ASSIGNED TASK:
Lines that include "main" make up the answer; copy all of them from the data below.

[Dataset entries]
──────────────────────────────
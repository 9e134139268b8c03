-- ===== src/Threads/Life.antt =====
-- threads/thread.c: the creation and the end of a thread, its identifier, and the list of all threads.
-- `tid_lock` is the address of the lock of that name, and `junk` what the variable of sema_up holds that it
-- does not set. A lock that its thread has to wait for, and a lock_release that gives the processor away
-- inside of a function, are `none` here: what follows would run after other threads.
pub mod Locks
pub mod Frames
pub mod Birth
pub mod Death
use Prim.Native.String.{String, slice}
use text.Mathlib.Text.{◌==◌ as str_eq}
use pintos_project.Base.{
  ℕ, zero, suc, ◌+◌, ◌-◌, ◌%◌, ◌^◌, Bool, true, false, not, ◌&&◌, Option, none, some, List, [], ◌∷◌,
  ◌++◌, ◌==◌, ltb, leb, if◌then◌else◌, update, erase, ◌>>=◌, ◌>>◌, assert,
}
use pintos_project.Base.Int.{ℤ, pos}
use pintos_project.Palloc.{Memory, palloc_get_page, pg_size}
use pintos_project.Paging.{store32}
use pintos_project.Threads.FixedPoint.{pri_max, fp_convert_to_fp}
use pintos_project.Threads.Kernel.{
  Kernel, Thread, Status, blocked, dying, intr_set_level, with_level, set_status, schedule,
  thread_unblock,
}
use pintos_project.Threads.Synch.{
  Sync, set_kernel, lock_init, lock_acquire, lock_acquire_other, lock_release,
}

-- The locks in a `struct thread`.
abbrev pub lock_wait_of : ℕ → ℕ
lock_wait_of t = t + 56

abbrev pub lock_exit_of : ℕ → ℕ
lock_exit_of t = t + 80

abbrev pub lock_exec_of : ℕ → ℕ
lock_exec_of t = t + 104

abbrev pub lock_exit2_of : ℕ → ℕ
lock_exit2_of t = t + 128

-- The state with the memory, `next_tid` of allocate_tid and `max_tid` of tid_range.
pub record Life : Type 0 where
  pub sync : Sync
  pub memory : Memory
  pub next_tid : ℕ
  pub max_tid : ℕ

-- The fields that init_thread sets, the name cut to the 15 characters that fit.
abbrev pub init_fields : String → ℕ → Kernel → Thread
init_fields name priority k = record {
  tid = 0;
  status = blocked;
  name = slice name 0 15;
  priority = priority;
  recent_unused = k.ticks;
  nice = if k.mlfqs && not (str_eq "main" name) then (k.threads k.current).nice else pos 0;
  recent_cpu =
      if k.mlfqs
      then if str_eq "main" name then fp_convert_to_fp (pos 0) else (k.threads k.current).recent_cpu
      else pos 0;
  user = false;
}

-- lock_acquire_other, where it does not sleep.
unfoldable pub acquire_at_once : ℕ → ℕ → Sync → Option Sync
acquire_at_once l t s = do (took, s') ← lock_acquire_other l t s; assert took; some s'

unfoldable pub init_locks : ℕ → Sync → Option Sync
unfolding acquire_at_once
init_locks t s = do
  s1 ← lock_init (lock_exit_of t) s
  s2 ← lock_init (lock_wait_of t) s1
  s3 ← lock_init (lock_exec_of t) s2
  s4 ← lock_init (lock_exit2_of t) s3
  s5 ← acquire_at_once (lock_exec_of t) t s4
  s6 ← acquire_at_once (lock_wait_of t) t s5
  acquire_at_once (lock_exit2_of t) t s6

abbrev pub set_thread : ℕ → Thread → Kernel → Kernel
set_thread t th k = record k { threads = update k.threads t th }

-- list_push_back (&all_list, &t->allelem)
abbrev pub push_all : ℕ → Kernel → Kernel
push_all t k = record k { all = k.all ++ t ∷ [] }

-- init_thread (t, name, priority)
unfoldable pub init_thread : ℕ → String → ℕ → Sync → Option Sync
unfolding init_locks
init_thread t name priority s = do
  assert (not (t == 0))
  assert (leb priority pri_max)
  s' ← init_locks t (set_kernel s (set_thread t (init_fields name priority s.kernel) s.kernel))
  some (set_kernel s' (push_all t s'.kernel))

-- tid_range (put_or_pull, new_tid): the value and the `max_tid` that it leaves.
abbrev pub tid_range : Bool → ℕ → ℕ → ℕ × ℕ
tid_range put_or_pull new_tid max_tid = if put_or_pull then (0, new_tid) else (max_tid, max_tid)

-- allocate_tid ()
unfoldable pub allocate_tid : ℕ → ℕ → Life → Option (ℕ × Life)
allocate_tid junk tid_lock l = do
  (took, s1) ← lock_acquire tid_lock l.sync
  assert took
  s2 ← lock_release junk tid_lock s1
  assert (s2.kernel.current == s1.kernel.current)
  some (
    l.next_tid,
    record l {
      sync = s2;
      next_tid = (l.next_tid + 1) % 2 ^ 32;
      max_tid = (tid_range true l.next_tid l.max_tid).1;
    },
  )

-- The frames for kernel_thread, switch_entry and switch_threads that thread_create lays on the stack of
-- `t`, from its end down: the addresses of those functions are parameters.
unfoldable pub push_frames : ℕ → ℕ → ℕ → ℕ → ℕ → Memory → Memory
push_frames kernel_thread switch_entry t function aux m =
    let kf = t + pg_size - 12 in
    let ef = kf - 4 in
    let sf = ef - 28 in
    let m1 = store32 (kf + 8) aux (store32 (kf + 4) function (store32 kf 0 m)) in
    store32 (sf + 8) 0 (store32 (sf + 16) switch_entry (store32 ef kernel_thread m1))

abbrev pub tid_error : ℕ
tid_error = 2 ^ 32 - 1

-- What thread_create does with the page `t` that it got.
unfoldable pub create_in : ℕ → ℕ → (Memory → Memory) → ℕ → String → ℕ → Life → Option (ℕ × Life)
unfolding init_thread allocate_tid
create_in junk tid_lock frames t name priority l = do
  s ← init_thread t name priority l.sync
  (tid, l1) ← allocate_tid junk tid_lock (record l { sync = s })
  let k1 = l1.sync.kernel
  let k2 = set_thread t (record (k1.threads t) { tid = tid }) k1
  k3 ← intr_set_level k2.intr_on (with_level false k2)
  k4 ← thread_unblock t k3
  some (tid, record l1 { sync = set_kernel l1.sync k4; memory = frames l1.memory })

-- thread_create (name, priority, function, aux)
unfoldable pub thread_create : ℕ → ℕ → ℕ → ℕ → String → ℕ → ℕ → ℕ → Life → Option (ℕ × Life)
unfolding create_in push_frames
thread_create junk tid_lock kernel_thread switch_entry name priority function aux l = do
  assert (not (function == 0))
  (t, m) ← palloc_get_page false true false l.memory
  let made =
      create_in junk tid_lock (push_frames kernel_thread switch_entry t function aux) t name
        priority (record l { memory = m })
  if t == 0 then some (tid_error, record l { memory = m }) else made

-- thread_from_tid (tid): the loop over the list of all threads.
unfoldable pub from_tid : (ℕ → Thread) → ℕ → List ℕ → ℕ
from_tid threads tid [] = 0
from_tid threads tid (t ∷ ts) = if (threads t).tid == tid then t else from_tid threads tid ts

unfoldable pub thread_from_tid : ℕ → Kernel → ℕ
unfolding from_tid
thread_from_tid tid k = from_tid k.threads tid k.all

-- The end of thread_exit (), behind its intr_disable and its last lock_release.
unfoldable pub thread_die : Kernel → Option Kernel
thread_die k = schedule (set_status (record k { all = erase k.current k.all }) k.current dying)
──────────────────────────────
TASK RESPONSE:
  nice = if k.mlfqs && not (str_eq "main" name) then (k.threads k.current).nice else pos 0;
      then if str_eq "main" name then fp_convert_to_fp (pos 0) else (k.threads k.current).recent_cpu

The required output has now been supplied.